I often mistyped Fe as Fi and now I'm wondering if Fe users can really be considered as "caring with others". I'm sure Fi users are really sensitive, and help others to do the right thing and be in peace with themselves, they're literally good people.
But from what I saw this is not the case for Fe-user. I think they just want to help/please in a egoist/attention seeking way and they just want to be acknowledged by people because they're obsessed by social recognition. 

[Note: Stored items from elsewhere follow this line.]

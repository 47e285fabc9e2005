-- ===== src/Tests/Workers.antt =====
-- The rounds of all-sync/test_bf.cc in which a call fails, and the workers for lines of
-- test_multi_pool_server.cc, on small inputs.
use kknf.Base.{ℕ, ◌≡◌, refl, List, [], ◌∷◌, some, none, false, arith}
use kknf.Base.Int.{pos}
use kknf.Base.Map.{find}
use kknf.Nf.Connect.{make_connection, client_socket}
use kknf.Nf.Stream.{frame}
use kknf.Nf.Pool.{Got, no_sockets, get_idle_client_socket, get_client_socket}
use kknf.Nf.Wait.{tcp_wait_to_read, add_all, ctl_del, roll_back}
use kknf.Nf.Server.{insert_server_reuse_socket}
use kknf.Nf.Worker.{Worker, next, ended, ◌>>=◌}
use kknf.Nf.Front.{Round, serve, ask, wait_replies, wait, bb1_port, bb2_port, backend_ip, packet_of}
use kknf.Nf.Front.Backends.{BothKept, serve-BothKept}
use kknf.Nf.Front.Parts.{asked, ask-asked}
use kknf.Tests.Front.{
  connection, asked_server, worker, connects, one, two, got_one, got_two, bytes, request, round,
  first_got, second_got,
}

-- epoll takes no descriptor.
abbrev refuses : Round
refuses = record round { can_add = λ fd. false }

abbrev asked_one : Worker
asked_one = asked (packet_of 5 40) one got_one worker

abbrev asked_two : Worker
asked_two = asked (packet_of 5 70) two got_two asked_one

one_asked : ask 0 connection (pos 1) bb1_port (packet_of 5 40) round.bb1 worker ≡ next one asked_one
unfolding frame
one_asked =
    ask-asked 0 connection (pos 1) bb1_port (packet_of 5 40) round.bb1 worker got_one one first_got
      refl (ground arith, omega arith)

two_asked :
    ask 0 connection (pos 1) bb2_port (packet_of 5 70) round.bb2 asked_one ≡ next two asked_two
unfolding frame
two_asked =
    ask-asked 0 connection (pos 1) bb2_port (packet_of 5 70) round.bb2 asked_one got_two two
      second_got refl (ground arith, omega arith)

abbrev given_up : Worker
given_up = record asked_two {
  srv = (insert_server_reuse_socket 0 connection (pos 1) asked_server).0;
  closed = one ∷ two ∷ [];
}

refuses_done : serve 0 connection refuses request worker ≡ ended given_up
unfolding serve wait_replies wait tcp_wait_to_read add_all ctl_del roll_back
refuses_done = rw (one_asked, ◌>>=◌) (rw (two_asked, ◌>>=◌) ground arith)

serve-BothKept_example : BothKept one two asked_two given_up
serve-BothKept_example =
    serve-BothKept 0 connection refuses request worker asked_one asked_two given_up one two
      one_asked two_asked refuses_done

-- BB2 refuses the connection.
abbrev half : Round
half = record round {
  bb2 = record { connect = record (connects 9) { connected = false }; sends = bytes };
}

abbrev got_none : Got
got_none = record { client = no_sockets; socket = none; opened = 9 ∷ 8 ∷ [] }

none_got :
    get_idle_client_socket backend_ip bb2_port half.bb2.connect (8 ∷ []) no_sockets ≡ some got_none
unfolding get_idle_client_socket get_client_socket make_connection client_socket find
none_got = refl

abbrev line : List ℕ
line = b'h' ∷ b'i' ∷ []
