-- ===== src/Reorder/Run/Duplicates.antt =====
-- REDUNDANT mode's second copies: once a number has arrived, its later copies change nothing.
use bondify.Common.{
  ℕ, zero, suc, ◌+◌, ◌%◌, ◌^◌, ◌<◌, ◌≡◌, refl, sym, ap, Bool, true, false, ◌&&◌, ◌||◌, not, Option,
  none, some, List, [], ◌∷◌, arith, ltb, ◌==◌, length, if_intro, subst,
}
use native.Mathlib.Nat.{mod-eq_of_lt}
use bondify.Common.Assoc.{contains, contains-remove}
use bondify.Common.Int.{ℤ, pos, ltb_ℤ}
use bondify.Reorder.Heap.{Packet, key, at}
use bondify.Reorder.Heap
use bondify.Reorder.Heap.Down.{pop-Popped}
use bondify.Reorder.{
  Buffer, Timer, set_deadline, without_head, drain_head, drain_loop, drain_locked,
  force_release_head_locked, rearm_timer_locked, enqueue, relieve, push, on_deadline, is_started,
}
use bondify.Reorder.Invariant.{
  Inv, Good, drain_head-Inv, force-Inv, enqueue-Inv, drain-Good, head_present, other_fields-Inv,
}
use bondify.Reorder.Run.{
  Event, arrives, expires, late, takes, retunes, System, expire, take_out, step, run, InRange,
}
use bondify.Reorder.Run.Order.{Sound, fresh, fresh-Sound, run-Sound, step-Sound, InRange-head}

-- The number has been passed, or is buffered.
abbrev pub known : Buffer → ℕ → Bool
known b g = ltb g b.next_expected || contains b.in_heap g

module _ (g : ℕ) where
  abbrev Known : Buffer → Type 0
  Known b = known b g ≡ true

  drain_head-Known :
      (b : Buffer)
      → Inv b
      → 0 < length b.h
      → key b.h 0 ≡ b.next_expected
      → Known b
      → Known (drain_head b)
  unfolding drain_head without_head
  drain_head-Known b v n e k =
      let p = (Heap.pop b.h).0 in
      let root = ap (λ (q : Packet). q.gsn) (pop-Popped b.h v.order n).root in
      let small = v.fits (key b.h 0) (head_present b.h n) in
      let next : (b.next_expected + 1) % 2 ^ 64 ≡ b.next_expected + 1 =
        mod-eq_of_lt (omega (arith, e, small)) in
      ground (arith, contains-remove p.gsn g b.in_heap)

  force-Known : (b : Buffer) → Inv b → Known b → Known (force_release_head_locked b)
  unfolding force_release_head_locked without_head
  force-Known b v k =
      if_intro Known (length b.h == 0) (λ e. k)
        λ e.
          let n : 0 < length b.h = ground arith in
          let p = (Heap.pop b.h).0 in
          let root = ap (λ (q : Packet). q.gsn) (pop-Popped b.h v.order n).root in
          let here = head_present b.h n in
          let low = v.ahead (key b.h 0) here in
          let next : (p.gsn + 1) % 2 ^ 64 ≡ p.gsn + 1 =
            mod-eq_of_lt (omega (arith, root, v.fits (key b.h 0) here)) in
          ground (arith, contains-remove p.gsn g b.in_heap)

  drain_loop-Known : (fuel : ℕ) (b : Buffer) → Inv b → Known b → Known (drain_loop fuel b)
  unfolding drain_loop
  drain_loop-Known zero b v k = k
  drain_loop-Known (suc fuel) b v k =
      if_intro Known (ltb 0 (length b.h) && (key b.h 0 == b.next_expected))
        (λ e.
          let n : 0 < length b.h = ground arith in
          let q : key b.h 0 ≡ b.next_expected = ground arith in
          drain_loop-Known fuel (drain_head b) (drain_head-Inv b v n q)
            (drain_head-Known b v n q k))
        λ e. k

  drain-Known : (b : Buffer) → Inv b → Known b → Known (drain_locked b)
  unfolding drain_locked
  drain-Known b = drain_loop-Known (length b.h) b

  relieve-Known : (b : Buffer) → Inv b → Known b → Known (relieve b)
  unfolding relieve
  relieve-Known b v k =
      if_intro Known (ltb_ℤ b.max_bytes (pos b.cur_bytes))
        (λ e. drain-Known _ (force-Inv b v) (force-Known b v k)) λ e. k

  rearm-Known : (b : Buffer) → Known b → Known (rearm_timer_locked b)
  unfolding rearm_timer_locked
  rearm-Known b k =
      if_intro Known (length b.h == 0) (λ e. k)
        λ e.
          if_intro Known (b.head_set && (key b.h 0 == b.head_gsn) && is_started b.timer) (λ f. k)
            λ f. k

  -- A packet that passes the three tests of Push.
  queued-Known :
      (b : Buffer) (p : Packet)
      → Inv (enqueue b p)
      → Known (enqueue b p)
      → Known (rearm_timer_locked (relieve (drain_locked (enqueue b p))))
  queued-Known b p v k =
      rearm-Known _ (relieve-Known _ (drain-Good _ v).0 (drain-Known (enqueue b p) v k))

  push-Known : (b : Buffer) (p : Packet) → Good b → p.gsn + 1 < 2 ^ 64 → Known b → Known (push b p)
  unfolding push
  push-Known b p good fit k =
      if_intro Known p.push (λ e. k)
        λ e.
          if_intro Known (ltb p.gsn b.next_expected) (λ f. k)
            λ f.
              if_intro Known (contains b.in_heap p.gsn) (λ q. k)
                λ q.
                  queued-Known b p (enqueue-Inv b p good.0 (ground arith) q fit)
                    (unfold enqueue contains in ground arith)

  on_deadline-Known : (b : Buffer) (head : ℕ) → Good b → Known b → Known (on_deadline b head)
  unfolding on_deadline
  on_deadline-Known b head good k =
      if_intro Known (length b.h == 0) (λ e. k)
        λ e.
          if_intro Known (not (key b.h 0 == head)) (λ f. k)
            λ f. rearm-Known _ (drain-Known _ (force-Inv b good.0) (force-Known b good.0 k))

  expire-Known : (t : Option Timer) (b : Buffer) → Good b → Known b → Known (expire t b)
  unfolding expire
  expire-Known none b good k = k
  expire-Known (some t) b good k =
      let stopped = record b { timer = some (record t { pending = false }) } in
      if_intro Known t.pending
        (λ e.
          on_deadline-Known stopped t.head
            (other_fields-Inv b stopped good.0 refl refl refl refl, good.1) k)
        λ e. k

  take_out-Known : (out : List Packet) (s : System) → Known s.buffer → Known (take_out out s).buffer
  unfolding take_out
  take_out-Known [] s k = k
  take_out-Known (p ∷ out) s k = k

  step-Known :
      (s : System) (e : Event)
      → InRange (e ∷ [])
      → Good s.buffer
      → Known s.buffer
      → Known (step s e).buffer
  unfolding step set_deadline
  step-Known s (arrives p) r good k = push-Known s.buffer p good r.0 k
  step-Known s expires r good k = expire-Known s.buffer.timer s.buffer good k
  step-Known s (late h) r good k = on_deadline-Known s.buffer h good k
  step-Known s takes r good k = take_out-Known s.buffer.out s k
  step-Known s (retunes d) r good k = k

  run-Known :
      (s : System) (es : List Event)
      → InRange es
      → Sound s
      → Known s.buffer
      → Known (run s es).buffer
  unfolding run
  run-Known s [] r v k = k
  run-Known s (e ∷ es) r v k =
      let (now, later) = InRange-head e es r in
      run-Known (step s e) es later (step-Sound s e now v) (step-Known s e now v.0 k)

-- An ordered packet that has arrived is passed or buffered.
arrived-Known :
    (b : Buffer) (p : Packet)
    → Good b
    → p.gsn + 1 < 2 ^ 64
    → p.push ≡ false
    → Known p.gsn (push b p)
unfolding push
arrived-Known b p good fit ord =
    if_intro (Known p.gsn) p.push (λ e. absurd (ground arith))
      λ e.
        if_intro (Known p.gsn) (ltb p.gsn b.next_expected) (λ f. ground arith)
          λ f.
            if_intro (Known p.gsn) (contains b.in_heap p.gsn) (λ q. ground arith)
              λ q.
                queued-Known p.gsn b p (enqueue-Inv b p good.0 (ground arith) q fit)
                  (unfold enqueue contains in ground arith)

unchanged :
    (s : System) (q : Packet) → q.push ≡ false → Known q.gsn s.buffer → step s (arrives q) ≡ s
unfolding step push
unchanged s q e k = ground arith

-- After a packet without the PUSH flag has arrived, and whatever happens then (numbers below
-- 2^64 - 1 throughout), another packet with its number and without the flag leaves the buffer
-- exactly as it is.
pub duplicate_ignored :
    (start : ℕ) (deadline bytes : ℤ) (before after : List Event) (p q : Packet)
    → InRange before
    → p.gsn + 1 < 2 ^ 64
    → InRange after
    → p.push ≡ false
    → q.push ≡ false
    → q.gsn ≡ p.gsn
    → let s = run (step (run (fresh start deadline bytes) before) (arrives p)) after in
      step s (arrives q) ≡ s
duplicate_ignored start deadline bytes before after p q rb fit ra ep eq same =
    let s0 = run (fresh start deadline bytes) before in
    let v0 = run-Sound (fresh start deadline bytes) before rb (fresh-Sound start deadline bytes) in
    let v1 = step-Sound s0 (arrives p) (fit, tt) v0 in
    let k =
      run-Known p.gsn (step s0 (arrives p)) after ra v1
        (unfold step in arrived-Known s0.buffer p v0.0 fit ep) in
    let s = run (step s0 (arrives p)) after in
    unchanged s q eq (subst (λ g. Known g s.buffer) (sym same) k)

To illustrate, if a Fe-dom and a Fi-dom have to save a people, I think they'll have this tought process :

Fe : If I save him, I'll become his hero and he will talk about me to his friends. So people will see me as a good person and love me.

Fi : I have to save him, because life is precious and that is the right thing to do. No matter what it will cost to me.

What do you think about ? Maybe I'm wrong.


----------



## CupcakesRDaBestBruv (Aug 6, 2013)

Eikichi said:


> I often mistyped Fe as Fi and now I'm wondering if Fe users can really be considered as "caring with others". I'm sure Fi users are really sensitive, and help others to do the right thing and be in peace with themselves, they're literally good people.
> But from what I saw this is not the case for Fe-user. I think they just want to help/please in a egoist/attention seeking way and they just want to be acknowledged by people because they're obsessed by social recognition.
> 
> To illustrate, if a Fe-dom and a Fi-dom have to save a people, I think they'll have this tought process :
> ...


110% wrong. Us Fe users don't have big egos.


----------



## tanstaafl28 (Sep 10, 2012)

Eikichi said:


> I often mistyped Fe as Fi and now I'm wondering if Fe users can really be considered as "caring with others". I'm sure Fi users are really sensitive, and help others to do the right thing and be in peace with themselves, they're literally good people.
> But from what I saw this is not the case for Fe-user. I think they just want to help/please in a egoist/attention seeking way and they just want to be acknowledged by people because they're obsessed by social recognition.
> 
> To illustrate, if a Fe-dom and a Fi-dom have to save a people, I think they'll have this tought process :
> ...


I always thought Fe cared more about how others feel while Fi cares more about internal feelings about things.


----------



## Max (Aug 14, 2014)

tanstaafl28 said:


> I always thought Fe cared more about how others feel while Fi cares more about internal feelings about things.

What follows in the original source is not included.